The study explains the source of this disease, affecting 26 million people worldwide and is the leading cause of death globally and in Chile, and opens the way for its treatment. The work published by Nature, the most important scientific journal on the planet, was developed by Chilean scientists Francisco Altamirano, Sergio Lavandero and Elisa Villalobos, who belong to the University of Chile and the Advanced Center for Chronic Diseases (ACCDiS) together with researchers at the Southwestern Medical Center of the University of Texas.
At present, the coexistence of several cardiovascular risk factors – obesity, diabetes mellitus, high cholesterol, sedentary lifestyle, smoking and high blood pressure, which are characteristic of today's society, have led to the emergence of a new cardiovascular pathology known as cardiac failure with the preserved systolic effect. This new form of inadequacy prevents proper heart release, as it affects almost half of patients with heart failure, both in Chile and in countries with higher levels of development.
So far, the mechanisms that they have created and the effective therapy for the treatment of this pathology have not been known.
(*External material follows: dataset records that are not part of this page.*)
-- ===== src/Changesets.antt =====
-- packages/repository/src/types/changeset.types.ts: what the handlers of events ask the loader to do.
-- The loader only passes the rows of the tables on, so their types are a parameter, `Entities`.
use grants_stack_indexer_v.Prelude.{ℕ, String, Option, List}

-- the roles of packages/repository/src/types/project.types.ts and round.types.ts
pub data ProjectRoleName : Type 0 where
  owner member : ProjectRoleName

pub data RoundRoleName : Type 0 where
  admin manager : RoundRoleName

-- the types of rows, `NewProject` and the like
pub record Entities : Type 1 where
  pub Project : Type 0
  pub PartialProject : Type 0
  pub ProjectRole : Type 0
  pub PendingProjectRole : Type 0
  pub Round : Type 0
  pub PartialRound : Type 0
  pub RoundRole : Type 0
  pub PendingRoundRole : Type 0
  pub Application : Type 0
  pub PartialApplication : Type 0
  pub Donation : Type 0
  pub ApplicationPayout : Type 0
  pub Attestation : Type 0
  pub AttestationTxn : Type 0
  pub LegacyProject : Type 0
  pub RawEvent : Type 0

-- `NewProcessedEvent`
pub record NewProcessedEvent (E : Entities) : Type 0 where
  pub block_number : ℕ
  pub block_timestamp : ℕ
  pub log_index : ℕ
  pub raw_event : Option E.RawEvent

-- The constructors take the fields of `args` in their order.
pub data ProjectChangeset (E : Entities) : Type 0 where
  insert_project : E.Project → ProjectChangeset E
  update_project : (chain_id : ℕ) (project_id : String) → E.PartialProject → ProjectChangeset E
  insert_pending_project_role : E.PendingProjectRole → ProjectChangeset E
  delete_pending_project_roles : (ids : List ℕ) → ProjectChangeset E
  insert_project_role : E.ProjectRole → ProjectChangeset E
  delete_all_project_roles_by_role :
      (chain_id : ℕ) (project_id : String) → ProjectRoleName → ProjectChangeset E
  delete_all_project_roles_by_role_and_address :
      (chain_id : ℕ) (project_id : String)
      → ProjectRoleName
      → (address : String) → ProjectChangeset E

pub data RoundChangeset (E : Entities) : Type 0 where
  insert_round : E.Round → RoundChangeset E
  update_round : (chain_id : ℕ) (round_id : String) → E.PartialRound → RoundChangeset E
  -- the round can be `undefined` at run time, which the handler tests
  update_round_by_strategy_address :
      (chain_id : ℕ) (strategy_address : String) → Option E.PartialRound → RoundChangeset E
  increment_round_funded_amount :
      (chain_id : ℕ) (round_id : String) (funded_amount : ℕ) (funded_amount_in_usd : String)
      → RoundChangeset E
  increment_round_donation_stats :
      (chain_id : ℕ) (round_id amount_in_usd : String) → RoundChangeset E
  increment_round_total_distributed :
      (chain_id : ℕ) (round_id : String) (amount : ℕ) → RoundChangeset E
  insert_pending_round_role : E.PendingRoundRole → RoundChangeset E
  delete_pending_round_roles : (ids : List ℕ) → RoundChangeset E
  insert_round_role : E.RoundRole → RoundChangeset E
  delete_all_round_roles_by_role_and_address :
      (chain_id : ℕ) (round_id : String) → RoundRoleName → (address : String) → RoundChangeset E

pub data ApplicationChangeset (E : Entities) : Type 0 where
  insert_application : E.Application → ApplicationChangeset E
  increment_application_donation_stats :
      (chain_id : ℕ) (round_id application_id amount_in_usd : String) → ApplicationChangeset E
  update_application :
      (chain_id : ℕ) (round_id application_id : String)
      → E.PartialApplication
      → ApplicationChangeset E

pub data DonationChangeset (E : Entities) : Type 0 where
  insert_donation : E.Donation → DonationChangeset E
  insert_many_donations : List E.Donation → DonationChangeset E

pub data Changeset (E : Entities) : Type 0 where
  project_changeset : ProjectChangeset E → Changeset E
  round_changeset : RoundChangeset E → Changeset E
  application_changeset : ApplicationChangeset E → Changeset E
  donation_changeset : DonationChangeset E → Changeset E
  insert_application_payout : E.ApplicationPayout → Changeset E
  insert_processed_event : (chain_id : ℕ) → NewProcessedEvent E → Changeset E
  insert_legacy_project : E.LegacyProject → Changeset E
  insert_attestation : E.Attestation → List E.AttestationTxn → Changeset E
  -- a value whose `type` is none of these, against which `applyChanges` is guarded
  other_changeset : (type : String) → Changeset E

-- the field `type`
module _ {E : Entities} where
  unfoldable pub project_type : ProjectChangeset E → String
  project_type (insert_project _) = "InsertProject"
  project_type (update_project _ _ _) = "UpdateProject"
  project_type (insert_pending_project_role _) = "InsertPendingProjectRole"
  project_type (delete_pending_project_roles _) = "DeletePendingProjectRoles"
  project_type (insert_project_role _) = "InsertProjectRole"
  project_type (delete_all_project_roles_by_role _ _ _) = "DeleteAllProjectRolesByRole"
  project_type (delete_all_project_roles_by_role_and_address _ _ _ _) =
      "DeleteAllProjectRolesByRoleAndAddress"

  unfoldable pub round_type : RoundChangeset E → String
  round_type (insert_round _) = "InsertRound"
  round_type (update_round _ _ _) = "UpdateRound"
  round_type (update_round_by_strategy_address _ _ _) = "UpdateRoundByStrategyAddress"
  round_type (increment_round_funded_amount _ _ _ _) = "IncrementRoundFundedAmount"
  round_type (increment_round_donation_stats _ _ _) = "IncrementRoundDonationStats"
  round_type (increment_round_total_distributed _ _ _) = "IncrementRoundTotalDistributed"
  round_type (insert_pending_round_role _) = "InsertPendingRoundRole"
  round_type (delete_pending_round_roles _) = "DeletePendingRoundRoles"
  round_type (insert_round_role _) = "InsertRoundRole"
  round_type (delete_all_round_roles_by_role_and_address _ _ _ _) =
      "DeleteAllRoundRolesByRoleAndAddress"

  unfoldable pub application_type : ApplicationChangeset E → String
  application_type (insert_application _) = "InsertApplication"
  application_type (increment_application_donation_stats _ _ _ _) =
      "IncrementApplicationDonationStats"
  application_type (update_application _ _ _ _) = "UpdateApplication"

  unfoldable pub donation_type : DonationChangeset E → String
  donation_type (insert_donation _) = "InsertDonation"
  donation_type (insert_many_donations _) = "InsertManyDonations"

  unfoldable pub changeset_type : Changeset E → String
  changeset_type (project_changeset c) = project_type c
  changeset_type (round_changeset c) = round_type c
  changeset_type (application_changeset c) = application_type c
  changeset_type (donation_changeset c) = donation_type c
  changeset_type (insert_application_payout _) = "InsertApplicationPayout"
  changeset_type (insert_processed_event _ _) = "InsertProcessedEvent"
  changeset_type (insert_legacy_project _) = "InsertLegacyProject"
  changeset_type (insert_attestation _ _) = "InsertAttestation"
  changeset_type (other_changeset type) = type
However, research conducted by scientists from the University of Chile and the Advanced Center for Chronic Diseases (ACCDiS), along with researchers at the Southwestern Medical Center of the University of Texas, found out how this disease occurs after replication in the animal model faithfully imitates what is happening in a human being, this is the discovery that opens the door for the development of healing.
The work carried out by Nature, the most important scientific journal on the planet, in an article titled "Nitroactive stress carries a heart failure with a preserved ejection fraction", describes that an increase in nitric oxide causes heart damage due to a change in the activity of the two proteins responsible for protecting the heart: IRE1α and XBP1s.
Chilean science for mankind
Heart failure is the final stage of multiple cardiovascular diseases, which are very common in our population, including hypertension and myocardial infarction. Experts believe that this pathology is an emerging epidemic, due to the increasing prevalence and high costs demanded by health systems that affect more than 26 million people worldwide and is the main cause of death in Chile (30% of deaths in country).
The team, composed of Gabriele Schiattarella, Joseph A. Hill and Francisco Altamirano, Elisa Villalobos and Sergio Lavandero, worked for more than seven years at the source of this new pathology and how to deal with it.
For Francisco Altamirano, this finding is "a gigantic achievement that will create future therapies for this new pathology."
Sergio Lavandero, director of ACCDiS, a professor at the Faculty of Chemical and Pharmaceutical Sciences and Medicine at the University of Chile and author of this study, emphasized that this new form of heart failure is a strategic issue for ACCDiS, because we must be in full harmony with current and future challenges heart and veins.
He also emphasized that the most important scientific journal in the world published this publication, including commenting on the supplementary note, because this discovery is of great importance. He also underlined the importance of cooperation between universities in the country and the support of the Concise Center of Excellence program in the priority areas of Fondap. Lavandero finally revealed the need to continue investing in science in order for the country to achieve a new level of development.
Gabriele Schiattarella stressed the fundamental role of Chilean scientists in this project. "Altamirano has contributed to deep biochemical knowledge, Villalobos has made fundamental experiments and Lavandero led me in the design and implementation of these research." To sum up, this publication in nature could not have happened without the contribution of this group of Chilean scientists. , he confirmed.